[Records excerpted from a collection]
——————

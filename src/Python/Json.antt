-- ===== src/Python/Json.antt =====
-- A value of type `object`: what `json.loads` returns, what a tool receives, and what the audit
-- records hold. `real m k` is the float m / 2^k, and `nonfinite` an infinity or a NaN.
use jn_engine_contributor_mc.Base.{
  ℕ, ◌^◌, String, ◌≡◌, refl, Bool, true, false, Option, none, some, List, [], ◌∷◌, ◌==◌, eqb,
  if◌then◌else◌,
}
use jn_engine_contributor_mc.Base.Int.{ℤ, pos, negsuc}

mutual
  pub data Json : Type 0 where
    null : Json
    bool : Bool → Json
    int : ℤ → Json
    real : ℤ → ℕ → Json
    nonfinite : Json
    str : String → Json
    arr : Items → Json
    obj : Fields → Json

  pub data Items : Type 0 where
    nil : Items
    cons : Json → Items → Items

  pub data Fields : Type 0 where
    end : Fields
    field : String → Json → Fields → Fields

-- `d.get(key)`: a missing key reads as `None`.
unfoldable pub get : Fields → String → Json
get end key = null
get (field k v rest) key = if k == key then v else get rest key

-- `isinstance(v, dict)`, with the dict.
abbrev pub as_dict : Json → Option Fields
as_dict (obj fs) = some fs
as_dict _ = none

abbrev pub as_list : Json → Option Items
as_list (arr xs) = some xs
as_list _ = none

-- `isinstance(v, str)`, with the text.
abbrev pub as_text : Json → Option String
as_text (str s) = some s
as_text _ = none

-- `isinstance(v, int)`, which a bool passes as 0 or 1.
abbrev pub as_int : Json → Option ℤ
as_int (int z) = some z
as_int (bool true) = some (pos 1)
as_int (bool false) = some (pos 0)
as_int _ = none

-- `isinstance(v, int) and not isinstance(v, bool)`
abbrev pub as_strict_int : Json → Option ℤ
as_strict_int (int z) = some z
as_strict_int _ = none

abbrev pub as_bool : Json → Option Bool
as_bool (bool b) = some b
as_bool _ = none

abbrev is_pos : ℕ → ℤ → Bool
is_pos n (pos m) = eqb m n
is_pos n (negsuc _) = false

-- `v == 1`: so are `True` and `1.0`.
abbrev pub equals_one : Json → Bool
equals_one (int z) = is_pos 1 z
equals_one (bool b) = b
equals_one (real m k) = is_pos (2 ^ k) m
equals_one _ = false

-- `v == s` for a text `s`
abbrev pub equals_text : Json → String → Bool
equals_text (str t) s = t == s
equals_text _ s = false

-- A text, or `None`.
abbrev pub text_or_null : Option String → Json
text_or_null none = null
text_or_null (some s) = str s

-- An array as a list of values.
abbrev pub item_list : Items → List Json
item_list nil = []
item_list (cons x xs) = x ∷ item_list xs

get_example : get (field "a" null (field "b" (bool true) end)) "b" ≡ bool true
unfolding get
get_example = refl
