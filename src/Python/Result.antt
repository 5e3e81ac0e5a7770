-- ===== src/Python/Result.antt =====
-- A call that may raise, and the exceptions of the collaboration tools (collaboration/errors.py).
use jn_engine_contributor_mc.Base.{String, ◌≡◌, refl, ◌⊎◌, inl, inr, Bool, true, false}

-- `CollaborationErrorCode`
pub data ErrorCode : Type 0 where
  credential_unavailable_code : ErrorCode
  upstream_unavailable_code : ErrorCode
  bad_args_code : ErrorCode
  not_found_code : ErrorCode
  write_disabled_code : ErrorCode
  conflict_code : ErrorCode

pub record CollaborationError : Type 0 where
  pub code : ErrorCode
  pub detail : String

-- `other_exception` is any exception of Python's own or of a library.
pub data Exception : Type 0 where
  collaboration : CollaborationError → Exception
  audit_unavailable : String → Exception
  other_exception : Exception

-- A call returns a value or raises.
pub data Result {ℓ} (Value : Type ℓ) : Type ℓ where
  ok : Value → Result Value
  err : Exception → Result Value

infixl 5 ◌>>=◌ ◌>>◌
-- A raise leaves out what comes next.
abbrev pub ◌>>=◌ {ℓ κ} :
    {B : Type κ} {A : Type ℓ} (call : Result A) (next : A → Result B) → Result B
err raised >>= next = err raised
ok value >>= next = next value

abbrev pub ◌>>◌ {κ} : {B : Type κ} (check : Result (Unit {0})) (rest : Result B) → Result B
check >> rest = check >>= λ done. rest

-- `if test: raise e`
abbrev pub raise_if : Bool → Exception → Result (Unit {0})
raise_if true e = err e
raise_if false e = ok tt

abbrev pub credential_unavailable : CollaborationError
credential_unavailable = record {
  code = credential_unavailable_code;
  detail = "the read-only GitHub credential is unavailable";
}

abbrev pub upstream_unavailable : CollaborationError
upstream_unavailable = record {
  code = upstream_unavailable_code;
  detail = "the collaboration service is temporarily unavailable";
}

abbrev pub bad_args : String → CollaborationError
bad_args detail = record { code = bad_args_code; detail = detail }

abbrev pub not_found : CollaborationError
not_found = record {
  code = not_found_code;
  detail = "the requested pull request, branch, or commit was not found";
}

abbrev pub write_disabled : CollaborationError
write_disabled = record {
  code = write_disabled_code;
  detail = "write actions are disabled on this deployment";
}

abbrev pub task_not_found : CollaborationError
task_not_found = record {
  code = not_found_code;
  detail = "the requested committed task was not found";
}

abbrev pub conflict : String → CollaborationError
conflict detail = record { code = conflict_code; detail = detail }

-- The text of an error code.
abbrev pub code_text : ErrorCode → String
code_text credential_unavailable_code = "credential_unavailable"
code_text upstream_unavailable_code = "upstream_unavailable"
code_text bad_args_code = "bad_args"
code_text not_found_code = "not_found"
code_text write_disabled_code = "write_disabled"
code_text conflict_code = "conflict"

pub Result-cases {ℓ} :
    {A : Type ℓ} (call : Result A)
    → ((value : A) × (call ≡ ok value)) ⊎ ((raised : Exception) × (call ≡ err raised))
Result-cases (err raised) = inr (raised, refl)
Result-cases (ok value) = inl (value, refl)

-- Two calls in a row return only if each of them does.
pub >>=-eq-ok {ℓ κ} :
    {B : Type κ} {A : Type ℓ} (call : Result A) (next : A → Result B) {last : B}
    → (call >>= next) ≡ ok last
    → (value : A) × (call ≡ ok value) × (next value ≡ ok last)
>>=-eq-ok (err raised) next returned = cc
>>=-eq-ok (ok value) next returned = (value, refl, returned)
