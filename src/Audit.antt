-- ===== src/Audit.antt =====
-- collaboration/audit.py: the append-only NDJSON file, `AuditLog.append` and `AuditLog.transact`.
-- The answers of the operating system in one call are the fields of `Host`.
pub mod Write
pub mod Record
pub mod Transact
use jn_engine_contributor_mc.Base.{
  ℕ, zero, suc, ◌+◌, ◌-◌, ◌*◌, String, Bool, true, false, not, Option, none, some, List, [], ◌∷◌,
  ◌++◌, ltb, eqb, if◌then◌else◌,
}
use jn_engine_contributor_mc.Python.Json.{Json, obj, Fields, as_dict}
use jn_engine_contributor_mc.Python.Result.{
  Exception, audit_unavailable, other_exception, Result, ok, err, ◌>>=◌, ◌>>◌, raise_if,
}

abbrev pub max_transaction_bytes : ℕ
max_transaction_bytes = 64 * 1024 * 1024

abbrev pub max_audit_record_bytes : ℕ
max_audit_record_bytes = 64 * 1024

-- A line of the file, as `splitlines` cuts it: its length and what `json.loads` makes of it, with
-- `none` for a line that is no JSON.
pub record Line : Type 0 where
  pub size : ℕ
  pub body : Option Json

-- `bytes` is `st_size`; the file is torn when it is not empty and does not end in a newline.
pub record File : Type 0 where
  pub lines : List Line
  pub bytes : ℕ
  pub torn : Bool

-- What the operating system answers in one call; `none` is an `OSError`. `writes i` is the answer
-- of the i-th `os.write`, and `glued` what a torn last line and the text that follows it parse as.
pub record Host : Type 0 where
  pub opens : Bool
  pub regular : Bool
  pub mode : ℕ
  pub size_at_open : ℕ
  pub locks : Bool
  pub reads : Option ℕ
  pub writes : ℕ → Option ℕ
  pub syncs : Bool
  pub glued : Option Json

-- `AuditDecision`
pub record Decision {ℓ} (A : Type ℓ) : Type ℓ where
  pub entry : Fields
  pub value : A

pub data Written : Type 0 where
  complete : Written
  failed : ℕ → Written
  out_of_fuel : Written

-- `while view: written = os.write(descriptor, view); …`, over the bytes that are left.
unfoldable pub write_all : ℕ → (ℕ → Option ℕ) → ℕ → ℕ → Written
write_all zero writes i zero = complete
write_all zero writes i (suc left) = out_of_fuel
write_all (suc fuel) writes i zero = complete
write_all (suc fuel) writes i (suc left) = elim (writes i) [
  | none ↦ failed (suc left)
  | some zero ↦ failed (suc left)
  | some (suc n) ↦ write_all fuel writes (i + 1) (left - n)
]

-- The last line goes on where the file is torn.
extend_last : List Line → ℕ → Option Json → List Line
extend_last [] n body = record { size = n; body = body } ∷ []
extend_last (l ∷ []) n body = record { size = l.size + n; body = body } ∷ []
extend_last (l ∷ (k ∷ rest)) n body = l ∷ extend_last (k ∷ rest) n body

-- The file after a record of `size` bytes, newline included, was written but for its last `left`.
unfoldable pub add_record : Host → File → ℕ → ℕ → Fields → File
unfolding extend_last
add_record host file size left entry =
    let ended = eqb left 0 in
    let n = if ended then size - 1 else size - left in
    let body = if ltb left 2 then some (obj entry) else none in
    if eqb (size - left) 0 then file else record {
      lines =
          if file.torn
          then extend_last file.lines n host.glued
          else file.lines ++ record { size = n; body = body } ∷ [];
      bytes = file.bytes + (size - left);
      torn = not ended;
    }

-- What the write loop and `os.fsync` make of the call. `size` is the payload's length.
unfoldable pub finish_write : Host → File → ℕ → Fields → Written → Result (Unit {0}) × File
finish_write host file size entry complete = (
  (if host.syncs then ok tt else err (audit_unavailable "audit append did not complete")),
  add_record host file size 0 entry,
)
finish_write host file size entry (failed left) =
    (err (audit_unavailable "audit append did not complete"), add_record host file size left entry)
finish_write host file size entry out_of_fuel = (err other_exception, file)

-- Write and sync: the end of `append` and of `transact`.
unfoldable pub write_record : Host → File → ℕ → Fields → Result (Unit {0}) × File
unfolding finish_write
write_record host file size entry =
    finish_write host file size entry (write_all size host.writes 0 size)

open_checked : Host → Result (Unit {0})
open_checked host =
    raise_if (not host.opens) (audit_unavailable "audit log cannot be opened safely")
    >> raise_if (not host.regular) (audit_unavailable "audit log must be a regular file")
    >> raise_if (not (eqb host.mode 0o600)) (audit_unavailable "audit log must have mode 0600")

abbrev after : Result (Unit {0}) → File → Result (Unit {0}) × File → Result (Unit {0}) × File
after (ok _) file done = done
after (err e) file done = (err e, file)

-- `AuditLog.append`; `encoded` is the length of `json.dumps(record) + "\n"`.
unfoldable pub append : (Fields → ℕ) → Host → File → Fields → Result (Unit {0}) × File
unfolding open_checked write_record
append encoded host file entry =
    after
      (open_checked host
        >> raise_if (not host.locks) (audit_unavailable "audit append did not complete"))
      file (write_record host file (encoded entry) entry)

-- The body of the loop over the lines.
unfoldable pub parse_line : Line → Result Fields
parse_line line = do
  raise_if (ltb max_audit_record_bytes line.size)
      (audit_unavailable "audit record exceeds its safe bound")
  elim line.body [
    | none ↦ err (audit_unavailable "audit ledger is malformed")
    | some v ↦ elim (as_dict v) [
      | none ↦ err (audit_unavailable "audit ledger record must be an object")
      | some fs ↦ ok fs
    ]
  ]

unfoldable pub parse_lines : List Line → Result (List Fields)
unfolding parse_line
parse_lines [] = ok []
parse_lines (line ∷ rest) = do fs ← parse_line line; records ← parse_lines rest; ok (fs ∷ records)

read_length : Option ℕ → ℕ → Result (Unit {0})
read_length none bytes = err (audit_unavailable "audit transaction did not complete")
read_length (some n) bytes =
    raise_if (not (eqb n bytes)) (audit_unavailable "audit ledger read did not complete")

-- `transact` up to the call of `decide`: the records of the file.
unfoldable pub read_records : Host → File → Result (List Fields)
unfolding open_checked read_length
read_records host file = do
  open_checked host
  raise_if (ltb max_transaction_bytes host.size_at_open)
      (audit_unavailable "audit ledger exceeds its safe bound")
  raise_if (not host.locks) (audit_unavailable "audit transaction did not complete")
  raise_if (ltb max_transaction_bytes file.bytes)
      (audit_unavailable "audit ledger exceeds its safe bound")
  read_length host.reads file.bytes
  raise_if file.torn (audit_unavailable "audit ledger contains a partial record")
  parse_lines file.lines

module _ {ℓ} {A : Type ℓ} where
  abbrev returned : A → Result (Unit {0}) × File → Result A × File
  returned value (ok _, file) = (ok value, file)
  returned value (err e, file) = (err e, file)

  -- `transact` after the call of `decide`.
  unfoldable pub commit : (Fields → ℕ) → Host → File → Decision A → Result A × File
  commit encoded host file d =
      let size = encoded d.entry in
      if ltb max_audit_record_bytes size
      then (err (audit_unavailable "audit record exceeds its safe bound"), file)
      else if ltb max_transaction_bytes (file.bytes + size)
      then (err (audit_unavailable "audit ledger exceeds its safe bound"), file)
      else returned d.value (write_record host file size d.entry)

  abbrev decided : (Fields → ℕ) → Host → File → Result (Decision A) → Result A × File
  decided encoded host file (ok d) = commit encoded host file d
  decided encoded host file (err e) = (err e, file)

  -- `AuditLog.transact`
  unfoldable pub transact :
      (Fields → ℕ) → Host → File → (List Fields → Result (Decision A)) → Result A × File
  transact encoded host file decide = decided encoded host file (read_records host file >>= decide)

——————

**Exercise requirements:**
In the data above, start at the line that has "int : ℤ → Json", stop after the line that has "as_list _ = none", and print every line in between exactly as it stands.

**Exercise answer:**
    int : ℤ → Json
    real : ℤ → ℕ → Json
    nonfinite : Json
    str : String → Json
    arr : Items → Json
    obj : Fields → Json

  pub data Items : Type 0 where
    nil : Items
    cons : Json → Items → Items

  pub data Fields : Type 0 where
    end : Fields
    field : String → Json → Fields → Fields

-- `d.get(key)`: a missing key reads as `None`.
unfoldable pub get : Fields → String → Json
get end key = null
get (field k v rest) key = if k == key then v else get rest key

-- `isinstance(v, dict)`, with the dict.
abbrev pub as_dict : Json → Option Fields
as_dict (obj fs) = some fs
as_dict _ = none

abbrev pub as_list : Json → Option Items
as_list (arr xs) = some xs
as_list _ = none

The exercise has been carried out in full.